## [WORK TASK]
Produce as output only the lines below starting at the line with "let high : h" and continuing through the line with "new_view = view", each one exactly as written.

*** Opening DATA FOR PROCESSING ***

-- ===== src/FlexSeq/New.antt =====
-- The constructor of the list: `head` and `tail` are linked, and there is nothing between them.
use mathlib.Core.Path.{subst}
use splaylist.Base.{
  ℕ, ◌-◌, ◌≤◌, ◌<◌, ◌≡◌, refl, ap, some, arith, inl, inr, ◌==◌, Bool-cases, ==→eq, ==→ne, ◌≢◌, ◌∙◌,
}
use splaylist.FlexSeq.State.{Node, max_level, head, tail, create_node, set_next}
use splaylist.FlexSeq.Ops.{build_list, new_list}
use splaylist.FlexSeq.View.{View, view, HasLevels, StandsFor, Follows, IsLinked}

module _ {ℓ} {V : Type ℓ} (highest update_num : ℕ) (no_value zero_value : V) (min_key max_key : ℕ)
    (empty : ℕ → Node V) where
  -- The view of a list with `highest` levels.
  abbrev pub built_view : View V
  built_view = view (build_list highest update_num no_value zero_value min_key max_key empty)

  new_levels : HasLevels (build_list highest update_num no_value zero_value min_key max_key empty)
  unfolding build_list create_node set_next
  new_levels p live = elim (Bool-cases (p == head)) [ inl e ↦ ground arith | inr n ↦ ground arith ]

  pub build_list-StandsFor :
      StandsFor built_view (build_list highest update_num no_value zero_value min_key max_key empty)
  unfolding build_list create_node set_next
  build_list-StandsFor = record { shown = refl; levels = new_levels }

  link_new : (h : ℕ) → highest - 1 ≤ h → h ≤ highest → built_view.link head h ≡ some tail
  unfolding build_list create_node set_next
  link_new h low high = ground arith

  pub key_built : (p : ℕ) → p < built_view.size → p ≢ head → p ≡ tail
  unfolding build_list create_node set_next
  key_built p live n = omega arith

  Follows-new : (p h : ℕ) → p ≡ head → min_key < max_key → h ≤ highest → Follows built_view h p tail
  unfolding build_list create_node set_next
  Follows-new p h e lt to = record {
    live = omega arith;
    above = ground arith;
    reaches = to;
    least = λ r live over top. ground arith;
  }

  links_new :
      (p h : ℕ)
      → p < built_view.size
      → built_view.key p < built_view.key tail
      → built_view.zero_level ≤ h
      → h ≤ built_view.top p
      → min_key < max_key
      → (q : ℕ) × (built_view.link p h ≡ some q) × Follows built_view h p q
  unfolding build_list create_node set_next
  links_new p h live low from to lt = elim (Bool-cases (p == head)) [
    | inl e ↦
        let at = ==→eq p head e in
        let high : h ≤ highest = ground arith in
        (tail, ap (λ r. built_view.link r h) at ∙ link_new h from high, Follows-new p h at lt high)
    | inr n ↦ absurd (
        omega
          (arith, subst (λ r. built_view.key r < max_key) (key_built p live (==→ne p head n)) low))
  ]

  pub built_view-IsLinked : 0 < highest → min_key < max_key → IsLinked built_view
  unfolding build_list create_node set_next
  built_view-IsLinked pos lt = record {
    sized = omega arith;
    shallow = omega arith;
    head_top = refl;
    tail_top = refl;
    low = λ p live. ground arith;
    keys = λ p q lp lq e. ground arith;
    above_head = λ p live. ground arith;
    below_tail = λ p live. ground arith;
    links = λ p h live low from to. links_new p h live low from to lt;
  }

module _ {ℓ} {V : Type ℓ} (no_value zero_value : V) (min_key max_key : ℕ) (empty : ℕ → Node V) where
  -- The view of the new list.
  abbrev pub new_view : View V
  new_view = view (new_list no_value zero_value min_key max_key empty)

  pub new_list-StandsFor : StandsFor new_view (new_list no_value zero_value min_key max_key empty)
  unfolding new_list
  new_list-StandsFor = build_list-StandsFor max_level 1 no_value zero_value min_key max_key empty

  pub new_view-IsLinked : min_key < max_key → IsLinked new_view
  unfolding new_list
  new_view-IsLinked lt =
      built_view-IsLinked max_level 1 no_value zero_value min_key max_key empty (omega arith) lt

*** Closing DATA FOR PROCESSING ***

## [RESPONSE TO THIS EXERCISE]
        let high : h ≤ highest = ground arith in
        (tail, ap (λ r. built_view.link r h) at ∙ link_new h from high, Follows-new p h at lt high)
    | inr n ↦ absurd (
        omega
          (arith, subst (λ r. built_view.key r < max_key) (key_built p live (==→ne p head n)) low))
  ]

  pub built_view-IsLinked : 0 < highest → min_key < max_key → IsLinked built_view
  unfolding build_list create_node set_next
  built_view-IsLinked pos lt = record {
    sized = omega arith;
    shallow = omega arith;
    head_top = refl;
    tail_top = refl;
    low = λ p live. ground arith;
    keys = λ p q lp lq e. ground arith;
    above_head = λ p live. ground arith;
    below_tail = λ p live. ground arith;
    links = λ p h live low from to. links_new p h live low from to lt;
  }

module _ {ℓ} {V : Type ℓ} (no_value zero_value : V) (min_key max_key : ℕ) (empty : ℕ → Node V) where
  -- The view of the new list.
  abbrev pub new_view : View V
  new_view = view (new_list no_value zero_value min_key max_key empty)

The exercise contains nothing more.